What the task asks
For the entries below, repeat exactly each line starting with the one that contains "abbrev pub IsToken : Chars → Lexed → Type 0" and going on through the one that contains "block_comment-IsToken cs Dialect.clingo", and no others.

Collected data
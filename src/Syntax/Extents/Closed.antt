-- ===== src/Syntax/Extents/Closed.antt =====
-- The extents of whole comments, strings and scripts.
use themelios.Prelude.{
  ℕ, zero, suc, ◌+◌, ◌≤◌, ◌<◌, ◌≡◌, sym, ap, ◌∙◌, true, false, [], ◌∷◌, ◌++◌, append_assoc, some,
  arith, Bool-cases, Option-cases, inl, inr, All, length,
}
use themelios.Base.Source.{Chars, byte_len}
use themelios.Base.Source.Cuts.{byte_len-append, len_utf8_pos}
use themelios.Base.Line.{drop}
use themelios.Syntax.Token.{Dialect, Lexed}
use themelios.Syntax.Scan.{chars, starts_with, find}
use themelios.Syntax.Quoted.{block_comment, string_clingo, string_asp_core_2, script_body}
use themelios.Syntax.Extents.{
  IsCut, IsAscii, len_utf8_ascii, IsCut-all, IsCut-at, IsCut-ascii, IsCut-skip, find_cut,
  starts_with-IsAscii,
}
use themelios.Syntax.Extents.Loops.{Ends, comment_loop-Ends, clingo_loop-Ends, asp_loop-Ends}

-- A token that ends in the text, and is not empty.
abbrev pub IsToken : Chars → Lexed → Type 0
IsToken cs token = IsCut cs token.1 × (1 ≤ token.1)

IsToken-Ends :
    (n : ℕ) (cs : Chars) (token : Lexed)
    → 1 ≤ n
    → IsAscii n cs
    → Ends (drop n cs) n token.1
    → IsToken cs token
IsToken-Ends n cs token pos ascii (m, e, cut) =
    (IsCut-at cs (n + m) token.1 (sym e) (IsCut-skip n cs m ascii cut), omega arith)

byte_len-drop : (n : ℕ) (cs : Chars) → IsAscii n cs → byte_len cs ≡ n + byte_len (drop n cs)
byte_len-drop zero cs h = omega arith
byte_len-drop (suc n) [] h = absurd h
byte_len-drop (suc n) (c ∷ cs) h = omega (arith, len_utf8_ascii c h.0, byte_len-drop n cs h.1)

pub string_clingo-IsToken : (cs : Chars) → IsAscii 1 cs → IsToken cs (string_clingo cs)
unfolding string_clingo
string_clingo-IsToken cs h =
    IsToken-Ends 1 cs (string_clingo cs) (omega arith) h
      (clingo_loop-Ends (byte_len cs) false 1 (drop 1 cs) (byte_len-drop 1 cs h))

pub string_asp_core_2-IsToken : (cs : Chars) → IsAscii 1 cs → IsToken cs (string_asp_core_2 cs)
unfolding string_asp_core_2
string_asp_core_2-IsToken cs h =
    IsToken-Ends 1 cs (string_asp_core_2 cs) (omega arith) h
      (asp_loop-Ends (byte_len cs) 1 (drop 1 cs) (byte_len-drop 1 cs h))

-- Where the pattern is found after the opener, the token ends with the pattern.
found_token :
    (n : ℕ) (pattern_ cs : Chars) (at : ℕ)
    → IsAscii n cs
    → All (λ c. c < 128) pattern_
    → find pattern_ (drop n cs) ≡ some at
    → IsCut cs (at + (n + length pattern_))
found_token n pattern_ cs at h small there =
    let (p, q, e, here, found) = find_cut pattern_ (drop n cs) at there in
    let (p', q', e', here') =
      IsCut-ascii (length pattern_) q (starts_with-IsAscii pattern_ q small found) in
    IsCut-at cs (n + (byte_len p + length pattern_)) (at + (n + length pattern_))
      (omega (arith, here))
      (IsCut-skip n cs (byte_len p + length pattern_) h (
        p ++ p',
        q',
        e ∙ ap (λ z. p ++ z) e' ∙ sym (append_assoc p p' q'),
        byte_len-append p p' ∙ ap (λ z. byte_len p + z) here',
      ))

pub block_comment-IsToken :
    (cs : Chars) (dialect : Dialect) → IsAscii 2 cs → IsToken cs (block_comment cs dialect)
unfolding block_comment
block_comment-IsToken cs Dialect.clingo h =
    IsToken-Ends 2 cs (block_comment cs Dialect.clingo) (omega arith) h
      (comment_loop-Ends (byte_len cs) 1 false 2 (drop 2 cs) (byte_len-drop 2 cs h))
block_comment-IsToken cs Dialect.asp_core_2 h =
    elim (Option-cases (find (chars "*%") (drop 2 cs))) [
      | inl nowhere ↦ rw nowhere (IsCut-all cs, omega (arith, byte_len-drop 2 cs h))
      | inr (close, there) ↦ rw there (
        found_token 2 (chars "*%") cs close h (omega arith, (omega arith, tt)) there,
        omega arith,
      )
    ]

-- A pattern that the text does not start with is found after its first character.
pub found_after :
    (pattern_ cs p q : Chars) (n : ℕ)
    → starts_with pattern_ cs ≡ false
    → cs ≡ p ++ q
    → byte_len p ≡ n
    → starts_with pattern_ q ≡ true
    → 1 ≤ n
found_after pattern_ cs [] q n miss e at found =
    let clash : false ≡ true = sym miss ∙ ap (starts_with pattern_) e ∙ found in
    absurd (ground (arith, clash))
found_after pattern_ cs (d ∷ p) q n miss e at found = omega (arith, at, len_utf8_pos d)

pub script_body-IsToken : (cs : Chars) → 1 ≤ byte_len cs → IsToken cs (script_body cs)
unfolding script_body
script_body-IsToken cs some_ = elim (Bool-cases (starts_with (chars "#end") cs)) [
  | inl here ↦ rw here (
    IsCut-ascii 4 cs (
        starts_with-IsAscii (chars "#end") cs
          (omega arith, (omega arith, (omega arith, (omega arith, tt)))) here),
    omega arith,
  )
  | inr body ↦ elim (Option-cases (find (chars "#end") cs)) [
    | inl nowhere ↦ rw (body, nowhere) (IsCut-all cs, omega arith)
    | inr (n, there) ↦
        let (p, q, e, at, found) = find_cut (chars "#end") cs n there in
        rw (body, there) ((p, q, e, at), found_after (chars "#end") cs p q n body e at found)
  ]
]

...

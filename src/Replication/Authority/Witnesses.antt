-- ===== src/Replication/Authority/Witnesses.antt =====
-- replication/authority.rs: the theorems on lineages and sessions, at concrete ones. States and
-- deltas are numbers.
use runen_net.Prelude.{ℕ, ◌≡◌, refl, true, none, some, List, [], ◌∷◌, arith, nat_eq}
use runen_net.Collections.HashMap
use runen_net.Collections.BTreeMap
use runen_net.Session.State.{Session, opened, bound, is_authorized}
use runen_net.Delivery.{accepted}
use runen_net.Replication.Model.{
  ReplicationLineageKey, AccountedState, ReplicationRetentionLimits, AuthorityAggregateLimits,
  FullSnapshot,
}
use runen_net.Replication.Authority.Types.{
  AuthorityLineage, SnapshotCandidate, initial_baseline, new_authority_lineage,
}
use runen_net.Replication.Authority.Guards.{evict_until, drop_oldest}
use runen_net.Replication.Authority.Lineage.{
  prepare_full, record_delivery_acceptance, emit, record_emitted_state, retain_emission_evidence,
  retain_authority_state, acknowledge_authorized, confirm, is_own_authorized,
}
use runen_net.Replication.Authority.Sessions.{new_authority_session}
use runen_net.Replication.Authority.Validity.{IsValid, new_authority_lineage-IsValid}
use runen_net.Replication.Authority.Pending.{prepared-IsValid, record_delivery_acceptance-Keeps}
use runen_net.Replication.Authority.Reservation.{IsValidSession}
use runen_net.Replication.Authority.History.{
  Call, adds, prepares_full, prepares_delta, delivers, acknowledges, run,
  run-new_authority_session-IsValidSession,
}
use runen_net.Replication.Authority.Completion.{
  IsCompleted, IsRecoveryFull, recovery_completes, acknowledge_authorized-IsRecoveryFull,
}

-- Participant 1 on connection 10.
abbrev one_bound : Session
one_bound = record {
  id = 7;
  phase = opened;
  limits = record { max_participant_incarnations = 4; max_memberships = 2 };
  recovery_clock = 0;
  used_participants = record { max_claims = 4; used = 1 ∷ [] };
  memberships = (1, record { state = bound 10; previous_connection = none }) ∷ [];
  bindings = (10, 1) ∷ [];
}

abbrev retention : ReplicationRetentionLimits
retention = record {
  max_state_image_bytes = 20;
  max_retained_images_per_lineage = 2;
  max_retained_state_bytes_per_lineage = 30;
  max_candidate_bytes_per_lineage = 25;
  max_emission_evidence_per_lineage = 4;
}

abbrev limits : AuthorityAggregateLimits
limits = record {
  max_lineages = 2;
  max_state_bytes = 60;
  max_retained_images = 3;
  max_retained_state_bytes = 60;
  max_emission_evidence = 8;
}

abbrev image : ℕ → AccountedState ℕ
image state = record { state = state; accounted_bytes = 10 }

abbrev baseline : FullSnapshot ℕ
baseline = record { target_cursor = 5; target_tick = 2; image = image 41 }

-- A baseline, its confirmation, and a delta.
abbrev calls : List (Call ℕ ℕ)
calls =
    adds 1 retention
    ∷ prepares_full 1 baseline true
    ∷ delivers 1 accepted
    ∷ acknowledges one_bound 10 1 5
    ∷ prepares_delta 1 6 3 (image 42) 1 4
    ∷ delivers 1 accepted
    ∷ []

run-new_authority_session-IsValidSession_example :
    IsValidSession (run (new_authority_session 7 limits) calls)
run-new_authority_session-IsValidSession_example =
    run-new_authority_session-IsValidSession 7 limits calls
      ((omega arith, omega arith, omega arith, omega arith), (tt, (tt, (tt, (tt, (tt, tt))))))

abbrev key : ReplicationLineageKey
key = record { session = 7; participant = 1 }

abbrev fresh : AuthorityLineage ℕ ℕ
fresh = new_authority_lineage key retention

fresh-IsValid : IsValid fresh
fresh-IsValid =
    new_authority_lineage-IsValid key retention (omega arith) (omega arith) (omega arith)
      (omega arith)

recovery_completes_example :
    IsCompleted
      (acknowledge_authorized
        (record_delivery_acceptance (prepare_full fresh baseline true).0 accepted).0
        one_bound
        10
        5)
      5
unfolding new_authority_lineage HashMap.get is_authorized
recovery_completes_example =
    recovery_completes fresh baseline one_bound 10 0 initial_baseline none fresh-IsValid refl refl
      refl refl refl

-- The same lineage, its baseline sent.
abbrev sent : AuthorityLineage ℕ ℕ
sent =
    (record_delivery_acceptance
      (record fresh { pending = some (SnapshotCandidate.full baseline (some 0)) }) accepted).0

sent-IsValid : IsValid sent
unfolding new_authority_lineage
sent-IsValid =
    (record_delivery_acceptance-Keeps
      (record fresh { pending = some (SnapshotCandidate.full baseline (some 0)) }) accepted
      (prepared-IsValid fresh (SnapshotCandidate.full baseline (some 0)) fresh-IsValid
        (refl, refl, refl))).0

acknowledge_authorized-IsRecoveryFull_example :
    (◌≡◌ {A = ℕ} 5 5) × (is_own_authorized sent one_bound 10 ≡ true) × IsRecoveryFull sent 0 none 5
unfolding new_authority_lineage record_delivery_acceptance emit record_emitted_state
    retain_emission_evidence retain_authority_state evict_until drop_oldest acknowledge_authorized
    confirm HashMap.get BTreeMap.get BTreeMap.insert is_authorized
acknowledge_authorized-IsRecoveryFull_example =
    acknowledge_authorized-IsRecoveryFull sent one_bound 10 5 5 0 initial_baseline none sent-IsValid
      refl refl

Expected answer
abbrev pub IsToken : Chars → Lexed → Type 0
IsToken cs token = IsCut cs token.1 × (1 ≤ token.1)

IsToken-Ends :
    (n : ℕ) (cs : Chars) (token : Lexed)
    → 1 ≤ n
    → IsAscii n cs
    → Ends (drop n cs) n token.1
    → IsToken cs token
IsToken-Ends n cs token pos ascii (m, e, cut) =
    (IsCut-at cs (n + m) token.1 (sym e) (IsCut-skip n cs m ascii cut), omega arith)

byte_len-drop : (n : ℕ) (cs : Chars) → IsAscii n cs → byte_len cs ≡ n + byte_len (drop n cs)
byte_len-drop zero cs h = omega arith
byte_len-drop (suc n) [] h = absurd h
byte_len-drop (suc n) (c ∷ cs) h = omega (arith, len_utf8_ascii c h.0, byte_len-drop n cs h.1)

pub string_clingo-IsToken : (cs : Chars) → IsAscii 1 cs → IsToken cs (string_clingo cs)
unfolding string_clingo
string_clingo-IsToken cs h =
    IsToken-Ends 1 cs (string_clingo cs) (omega arith) h
      (clingo_loop-Ends (byte_len cs) false 1 (drop 1 cs) (byte_len-drop 1 cs h))

pub string_asp_core_2-IsToken : (cs : Chars) → IsAscii 1 cs → IsToken cs (string_asp_core_2 cs)
unfolding string_asp_core_2
string_asp_core_2-IsToken cs h =
    IsToken-Ends 1 cs (string_asp_core_2 cs) (omega arith) h
      (asp_loop-Ends (byte_len cs) 1 (drop 1 cs) (byte_len-drop 1 cs h))

-- Where the pattern is found after the opener, the token ends with the pattern.
found_token :
    (n : ℕ) (pattern_ cs : Chars) (at : ℕ)
    → IsAscii n cs
    → All (λ c. c < 128) pattern_
    → find pattern_ (drop n cs) ≡ some at
    → IsCut cs (at + (n + length pattern_))
found_token n pattern_ cs at h small there =
    let (p, q, e, here, found) = find_cut pattern_ (drop n cs) at there in
    let (p', q', e', here') =
      IsCut-ascii (length pattern_) q (starts_with-IsAscii pattern_ q small found) in
    IsCut-at cs (n + (byte_len p + length pattern_)) (at + (n + length pattern_))
      (omega (arith, here))
      (IsCut-skip n cs (byte_len p + length pattern_) h (
        p ++ p',
        q',
        e ∙ ap (λ z. p ++ z) e' ∙ sym (append_assoc p p' q'),
        byte_len-append p p' ∙ ap (λ z. byte_len p + z) here',
      ))

pub block_comment-IsToken :
    (cs : Chars) (dialect : Dialect) → IsAscii 2 cs → IsToken cs (block_comment cs dialect)
unfolding block_comment
block_comment-IsToken cs Dialect.clingo h =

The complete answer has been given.